[Stored items]

______

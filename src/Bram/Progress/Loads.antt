-- ===== src/Bram/Progress/Loads.antt =====
-- A load whose stores are done returns within two iterations: lsq/LoadStoreQueueBRAM.hpp 359-448.
use elastic_sycl_hls.Prelude.{
  ℕ, ◌≤◌, ◌<◌, ◌≡◌, ◌≢◌, ◌⊎◌, inl, inr, Bool, true, if◌then◌else◌, Option-cases, Option, none, some,
  List, [], ◌∷◌, arith, refl, ap, sym, ◌∙◌, length,
}
use elastic_sycl_hls.Prelude.Int.{ℤ}
use elastic_sycl_hls.Bram.State.{
  invalid_bram_addr, Config, Lsq, StAlloc, LdReq, LdEntry, PipeInputs, use_ld_mux, load_head,
}
use elastic_sycl_hls.Bram.Loads.{
  mark_safe, pipe_succ, return_load, accept_load, mark_first_two, shift_loads, set_head,
}
use elastic_sycl_hls.Bram.Cycle.{cycle_return, cycle}
use elastic_sycl_hls.Bram.Program.{Program, Progress, Conforms, advance, expected, expected_port}
use elastic_sycl_hls.Bram.Invariant.{Inv, LoadQueue}
use elastic_sycl_hls.Bram.Invariant.Stores.{StoreQueue-Allocs, StoreQueue-le}
use elastic_sycl_hls.Bram.Invariant.Loads.{load_rules, mark_safe-fields}
use elastic_sycl_hls.Bram.Invariant.Kept.{cycle-Inv, cycle-WrittenWell}
use elastic_sycl_hls.Bram.Progress.{mark_safe-done}

-- A valid head that is not returned stays the head, and may be marked safe.
kept_head :
    {V : Type 0} (p : Program V) (cfg : Config) (n : ℕ) (allocs : List StAlloc) (req : Option LdReq)
    (h : LdEntry) (q : List LdEntry)
    → 2 ≤ length q
    → h.addr_valid ≡ true
    → load_head (load_rules p cfg n allocs req (set_head h q)) ≡ mark_safe n allocs h
unfolding shift_loads mark_first_two accept_load
kept_head p cfg n allocs req h [] two v = absurd (omega arith)
kept_head p cfg n allocs req h (e ∷ []) two v = absurd (omega arith)
kept_head p cfg n allocs req h (e ∷ f ∷ q) two v =
    let m : (mark_safe n allocs h).addr_valid ≡ true = (mark_safe-fields p n allocs h).0 ∙ v in
    ground arith

cycle-returned :
    {V : Type 0} (cfg : Config) (byte_of : V → ℤ) (s : Lsq V) (inp : PipeInputs V)
    → (cycle cfg byte_of s inp).1.returned ≡ (cycle_return cfg byte_of s inp).written
unfolding cycle
cycle-returned cfg byte_of s inp = refl

module _ {V : Type 0} (cfg : Config) where
  return_load-returns :
      (ready : ℕ → Bool) (bypass : Bool) (st_val mem_val ld_val : V) (e : LdEntry)
      → e.addr_valid ≡ true
      → e.is_safe ≡ true
      → pipe_succ cfg ready e ≡ true
      → (return_load cfg ready bypass st_val mem_val ld_val e).written ≢ none
  unfolding return_load
  return_load-returns ready bypass st_val mem_val ld_val e v s ready' = ground arith

cycle_return-returns :
    {V : Type 0} (cfg : Config) (byte_of : V → ℤ) (s : Lsq V) (inp : PipeInputs V)
    → (load_head s.ld_queue).addr_valid ≡ true
    → (load_head s.ld_queue).is_safe ≡ true
    → pipe_succ cfg inp.ld_ready (load_head s.ld_queue) ≡ true
    → (cycle_return cfg byte_of s inp).written ≢ none
unfolding cycle_return
cycle_return-returns cfg byte_of s inp =
    return_load-returns cfg inp.ld_ready _ _ _ s.ld_val (load_head s.ld_queue)

module _ {V : Type 0} (cfg : Config) where
  return_load-stays :
      (ready : ℕ → Bool) (bypass : Bool) (st_val mem_val ld_val : V) (e : LdEntry)
      → e.addr_valid ≡ true
      → (return_load cfg ready bypass st_val mem_val ld_val e).written ≡ none
      → let h = (return_load cfg ready bypass st_val mem_val ld_val e).head in
        (h.addr_valid ≡ true) × (h.addr ≡ e.addr) × (h.tag ≡ e.tag) × (h.port ≡ e.port)
  unfolding return_load
  return_load-stays ready bypass st_val mem_val ld_val e v w = ground arith

module _ {V : Type 0} (cfg : Config) (byte_of : V → ℤ) (p : Program V) {g : Progress} {s : Lsq V}
    (inp : PipeInputs V) (inv : Inv cfg p g s) (ok : Conforms cfg p g inp) where
  abbrev after : Lsq V
  after = (cycle cfg byte_of s inp).0

  abbrev NextLoad : LdEntry → Type 0
  NextLoad e =
      (e.addr ≡ p.ld_addr g.returned)
      × (e.tag ≡ p.ld_tag g.returned)
      × (e.port ≡ p.ld_port g.returned)

  load_head-NextLoad :
      (q : List LdEntry)
      → LoadQueue cfg p g.done g.alloc g.returned g.requested s.ld_val q
      → (load_head q).addr_valid ≡ true
      → NextLoad (load_head q)
  load_head-NextLoad [] h v = absurd h
  load_head-NextLoad (e ∷ q) (inl (w, (a, t, port, safe), val, r)) v = (a, t, port)
  load_head-NextLoad (e ∷ q) (inr (w, x, y, r)) v = cc

  -- After an iteration that does not return the head, the head is marked safe.
  safe_next :
      (load_head s.ld_queue).addr_valid ≡ true
      → p.ld_tag g.returned ≤ g.done
      → p.ld_addr g.returned ≢ invalid_bram_addr
      → (cycle cfg byte_of s inp).1.returned ≡ none
      → let e = load_head after.ld_queue in
        (e.addr_valid ≡ true) × (e.is_safe ≡ true) × (e.port ≡ p.ld_port g.returned)
  unfolding cycle cycle_return
  safe_next v le ne none' =
      let e : LdEntry = load_head s.ld_queue in
      let (addr, tag, port) = load_head-NextLoad s.ld_queue inv.loads v in
      let h : LdEntry = (cycle_return cfg byte_of s inp).head in
      let (hv, ha, ht, hp) = return_load-stays cfg inp.ld_ready _ _ _ s.ld_val e v none' in
      let (fv, _, _, fp) = mark_safe-fields p g.alloc s.st_alloc h in
      rw
        (
          inv.last,
          kept_head p cfg g.alloc s.st_alloc inp.ld_req_offer h s.ld_queue inv.two_loads hv,
        )
        (
          fv ∙ hv,
          mark_safe-done p g.done g.alloc s.st_alloc h
              (StoreQueue-Allocs p g.done g.alloc s.st_alloc inv.stores) (omega arith)
              (StoreQueue-le p g.done g.alloc s.st_alloc inv.stores)
              (λ x. ne (sym addr ∙ sym ha ∙ x)) hv,
          fp ∙ hp ∙ port,
        )

  -- The port of the next load, as the kernel compares it with the ports that it has.
  abbrev pub PortReady : (ℕ → Bool) → Type 0
  PortReady ready =
      (ready (if use_ld_mux cfg then p.ld_port g.returned else 0) ≡ true)
      × (use_ld_mux cfg ≡ true → p.ld_port g.returned < cfg.num_lds)

  PortReady-pipe_succ :
      (ready : ℕ → Bool) (e : LdEntry)
      → e.port ≡ p.ld_port g.returned
      → PortReady ready
      → pipe_succ cfg ready e ≡ true
  unfolding pipe_succ
  PortReady-pipe_succ ready e port (r, small) = ground arith

  returns_next :
      (inp' : PipeInputs V)
      → (load_head s.ld_queue).addr_valid ≡ true
      → p.ld_tag g.returned ≤ g.done
      → p.ld_addr g.returned ≢ invalid_bram_addr
      → PortReady inp'.ld_ready
      → (cycle cfg byte_of s inp).1.returned ≡ none
      → (cycle cfg byte_of after inp').1.returned ≢ none
  returns_next inp' v le ne ready none' =
      let (av, safe, port) = safe_next v le ne none' in
      rw cycle-returned
        (cycle_return-returns cfg byte_of after inp' av safe (PortReady-pipe_succ _ _ port ready))

  -- A load at the head of the queue does not wait for ever. If the stores before it in program
  -- order are all done and its address is not the invalid one, then it returns in this iteration
  -- or, provided that its port is one that the kernel has and the load value pipe takes the value,
  -- in the next one; either way it is written to its port with the value that it is to have.
  pub load-returns :
      (inp' : PipeInputs V)
      → Conforms cfg p (advance g (cycle cfg byte_of s inp).1) inp'
      → (load_head s.ld_queue).addr_valid ≡ true
      → p.ld_tag g.returned ≤ g.done
      → p.ld_addr g.returned ≢ invalid_bram_addr
      → PortReady inp'.ld_ready
      → let load : ℕ × V = (expected_port cfg p g.returned, expected cfg p g.returned) in
        ((cycle cfg byte_of s inp).1.returned ≡ some load)
        ⊎ ((cycle cfg byte_of after inp').1.returned ≡ some load)
  load-returns inp' ok' v le ne ready = elim (Option-cases (cycle cfg byte_of s inp).1.returned) [
    | inr (x, now) ↦ inl (now ∙ ap some (cycle-WrittenWell cfg byte_of p inp inv ok x now))
    | inl not_now ↦ elim (Option-cases (cycle cfg byte_of after inp').1.returned) [
      | inl never ↦ absurd (returns_next inp' v le ne ready not_now never)
      | inr (x, later) ↦
          inr (
            later ∙ ap some (rw not_now at (cycle-WrittenWell cfg byte_of p inp' inv' ok' x later)))
    ]
  ]
    where
      inv' : Inv cfg p (advance g (cycle cfg byte_of s inp).1) after
      inv' = cycle-Inv cfg byte_of p inp inv ok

______

WORK REQUIRED: Looking back over the data above, restate word for word the lines that begin at the line with "unfolding pipe_succ" and end at the line with "inl not_now ↦", inclusive.

OUTPUT:
  unfolding pipe_succ
  PortReady-pipe_succ ready e port (r, small) = ground arith

  returns_next :
      (inp' : PipeInputs V)
      → (load_head s.ld_queue).addr_valid ≡ true
      → p.ld_tag g.returned ≤ g.done
      → p.ld_addr g.returned ≢ invalid_bram_addr
      → PortReady inp'.ld_ready
      → (cycle cfg byte_of s inp).1.returned ≡ none
      → (cycle cfg byte_of after inp').1.returned ≢ none
  returns_next inp' v le ne ready none' =
      let (av, safe, port) = safe_next v le ne none' in
      rw cycle-returned
        (cycle_return-returns cfg byte_of after inp' av safe (PortReady-pipe_succ _ _ port ready))

  -- A load at the head of the queue does not wait for ever. If the stores before it in program
  -- order are all done and its address is not the invalid one, then it returns in this iteration
  -- or, provided that its port is one that the kernel has and the load value pipe takes the value,
  -- in the next one; either way it is written to its port with the value that it is to have.
  pub load-returns :
      (inp' : PipeInputs V)
      → Conforms cfg p (advance g (cycle cfg byte_of s inp).1) inp'
      → (load_head s.ld_queue).addr_valid ≡ true
      → p.ld_tag g.returned ≤ g.done
      → p.ld_addr g.returned ≢ invalid_bram_addr
      → PortReady inp'.ld_ready
      → let load : ℕ × V = (expected_port cfg p g.returned, expected cfg p g.returned) in
        ((cycle cfg byte_of s inp).1.returned ≡ some load)
        ⊎ ((cycle cfg byte_of after inp').1.returned ≡ some load)
  load-returns inp' ok' v le ne ready = elim (Option-cases (cycle cfg byte_of s inp).1.returned) [
    | inr (x, now) ↦ inl (now ∙ ap some (cycle-WrittenWell cfg byte_of p inp inv ok x now))
    | inl not_now ↦ elim (Option-cases (cycle cfg byte_of after inp').1.returned) [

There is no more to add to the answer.